I’ve spent the night roaming the forest before, as punishment. The first time was the worst and I had nightmares for weeks. But I never saw any ghosts, although I thought I heard them, and now I think I hear them again.
“I can do all things through the powers of my Gift, which strengthen me,” I whisper.
My words get lost in a gust of wind.
A tree branch moves like the arms of a giant, with gnarly fingers silhouetted against the starry sky. I walk faster, heading for a clearing up ahead.
The snap of a branch behind me makes me stop. I turn, my adrenaline pumping. Visions of ghostly Masters with dark hoods and no faces invade my thoughts. But it’s too dark in the trees to see anything.
Probably just a forest animal. I pull my hood lower over my head and keep going.
My boots crunch the leaves and branches as I hurry to the forest’s edge. The tall trees sway wildly overhead and the wind lifts the leaves up around my feet.

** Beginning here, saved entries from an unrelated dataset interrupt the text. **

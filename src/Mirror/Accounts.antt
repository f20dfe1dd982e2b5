-- ===== src/Mirror/Accounts.antt =====
-- What each operation of the mirror does to the count of overlay bytes.
use attyd.Common.{
  ℕ, ◌-◌, String, Bool, some, ◌≡◌, refl, sym, ◌∙◌, ap, inl, inr, Result, ok, Option-cases, arith,
  saturating_add, str_eq_refl,
}
use attyd.Common.Dict.{lookup, lookup-insert}
use attyd.Json.{Json}
use attyd.Session.Types.{MirrorError, HistoryCacheError, SessionState}
use attyd.Session.Load
use attyd.Session.Commit
use attyd.Session.History.{history_committed}
use attyd.Session.Commit.{done, commit_snapshot, commit_history}
use attyd.Registry.Types.{SessionEntry, SessionRegistry}
use attyd.Mirror.Store.{require_state, set_state, charge, discharge}
use attyd.Mirror.Loads.{stop_observers}
use attyd.Registry.Retirement.{stop_countdown}
use attyd.Mirror.Moves.{Quiet, still, writes, frees, Move, charges}

module _ {J : Json} where
  open J use {Value}

  pub found :
      (r : SessionRegistry J) (id : String) (n : ℕ) {s : SessionState J}
      → require_state r id n ≡ ok s
      → (e : SessionEntry J) × (lookup id r.sessions ≡ some e) × (e.state ≡ s)
  unfolding require_state
  found r id n h = elim (Option-cases (lookup id r.sessions)) [
    | inl none_there ↦ ground arith
    | inr (e, there) ↦ (e, there, ground arith)
  ]

  pub set_state-entry :
      (r : SessionRegistry J) (id : String) (e : SessionEntry J) (s' : SessionState J)
      → lookup id r.sessions ≡ some e
      → s'.active_overlay_bytes ≡ e.state.active_overlay_bytes
      → Quiet r (set_state r id s')
  unfolding set_state
  set_state-entry r id e s' there same =
      rw (there, set_state) (writes id e (record e { state = s' }) there refl same refl)

  pub set_state-Quiet :
      (r : SessionRegistry J) (id : String) (n : ℕ) (s s' : SessionState J)
      → require_state r id n ≡ ok s
      → s'.active_overlay_bytes ≡ s.active_overlay_bytes
      → Quiet r (set_state r id s')
  set_state-Quiet r id n s s' h same =
      let (e, there, state) = found r id n h in
      set_state-entry r id e s' there
        (same ∙ sym (ap (λ (x : SessionState J). x.active_overlay_bytes) state))

  pub set_state-freed :
      (r : SessionRegistry J) (id : String) (n : ℕ) (s s' : SessionState J)
      → require_state r id n ≡ ok s
      → s'.active_overlay_bytes ≡ 0
      → Quiet r (discharge (set_state r id s') s.active_overlay_bytes)
  unfolding set_state
  set_state-freed r id n s s' h zero_left =
      let (e, there, state) = found r id n h in
      rw (there, set_state)
        (frees id e (record e { state = s' }) there refl zero_left
          (ap (λ (x : SessionState J). r.overlay_bytes - x.active_overlay_bytes) (sym state)))

  pub set_state-charged :
      (r : SessionRegistry J) (id : String) (n : ℕ) (s s' : SessionState J)
      → require_state r id n ≡ ok s
      → Move r (charge (set_state r id s') s.active_overlay_bytes s'.active_overlay_bytes)
  unfolding set_state
  set_state-charged r id n s s' h =
      let (e, there, state) = found r id n h in
      rw (there, set_state)
        (charges id e (record e { state = s' }) there refl
          (ap
            (λ (x : SessionState J).
              saturating_add (r.overlay_bytes - x.active_overlay_bytes) s'.active_overlay_bytes)
            (sym state)))

  pub stop_observers-Quiet : (r : SessionRegistry J) (id : String) → Quiet r (stop_observers r id)
  unfolding stop_observers
  stop_observers-Quiet r id = elim (Option-cases (lookup id r.sessions)) [
    | inl none_there ↦ rw (none_there, stop_observers) (still refl refl)
    | inr (e, there) ↦ rw (there, stop_observers) (writes id e _ there refl refl refl)
  ]

  pub stop_observers-require :
      (r : SessionRegistry J) (id : String) (n : ℕ) {s : SessionState J}
      → require_state r id n ≡ ok s
      → require_state (stop_observers r id) id n ≡ ok s
  unfolding require_state stop_observers
  stop_observers-require r id n h = elim (Option-cases (lookup id r.sessions)) [
    | inl none_there ↦ rw (none_there, stop_observers) h
    | inr (e, there) ↦
        rw (there, stop_observers)
          (ground (
            arith,
            there,
            lookup-insert id id (record e { resources = (stop_countdown r.shared e.resources).1 })
                r.sessions,
            str_eq_refl id,
          ))
  ]

  -- The states that the session's operations leave.
  pub begin_load-bytes :
      (s : SessionState J) (attempt : String) (answer : Result HistoryCacheError (Unit {0}))
      → (Load.begin_load s attempt answer).0.active_overlay_bytes ≡ s.active_overlay_bytes
  unfolding Load.begin_load
  begin_load-bytes s attempt answer = ground arith

  pub fail_load-bytes :
      (s : SessionState J) (attempt : String) (answer : Result HistoryCacheError (Unit {0}))
      (message : String) (retryable : Bool)
      → (Load.fail_load s attempt answer message retryable).0.active_overlay_bytes
        ≡ s.active_overlay_bytes
  unfolding Load.fail_load
  fail_load-bytes s attempt answer message retryable = ground arith

  pub commit_load-bytes :
      (s : SessionState J) (attempt : String) (c : Result MirrorError (Unit {0}))
      (snapshot : Result HistoryCacheError (String × ℕ))
      → (Commit.commit_load s attempt c snapshot).1 ≡ done
      → (Commit.commit_load s attempt c snapshot).0.active_overlay_bytes ≡ 0
  unfolding Commit.commit_load commit_snapshot commit_history history_committed
  commit_load-bytes s attempt c snapshot h = ground arith

  pub commit_completed-bytes :
      (s : SessionState J) (operation_id : String)
      (snapshot : Result HistoryCacheError (String × ℕ))
      → (Commit.commit_completed_turn_from_memory s operation_id snapshot).1 ≡ done
      → (Commit.commit_completed_turn_from_memory s operation_id snapshot).0.active_overlay_bytes
        ≡ 0
  unfolding Commit.commit_completed_turn_from_memory commit_snapshot commit_history
      history_committed
  commit_completed-bytes s operation_id snapshot h = ground arith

Another branch snaps and I stop to listen.
Suddenly, a dark shape jumps out at me and I scream, falling to the ground. Two hands hold me down and I know by his familiar grasp that it’s Randon. The roots of an old tree stab at my side, sending pain shooting up my back.
“Get off of me!” I yell, but my voice is drowned out in a rush of wind. Randon pins my legs down with his bony knees and his hands push on my wrists, making my fingers numb. My heart won’t calm down, from the startle of his attack. “You’re not supposed to touch me,” I say.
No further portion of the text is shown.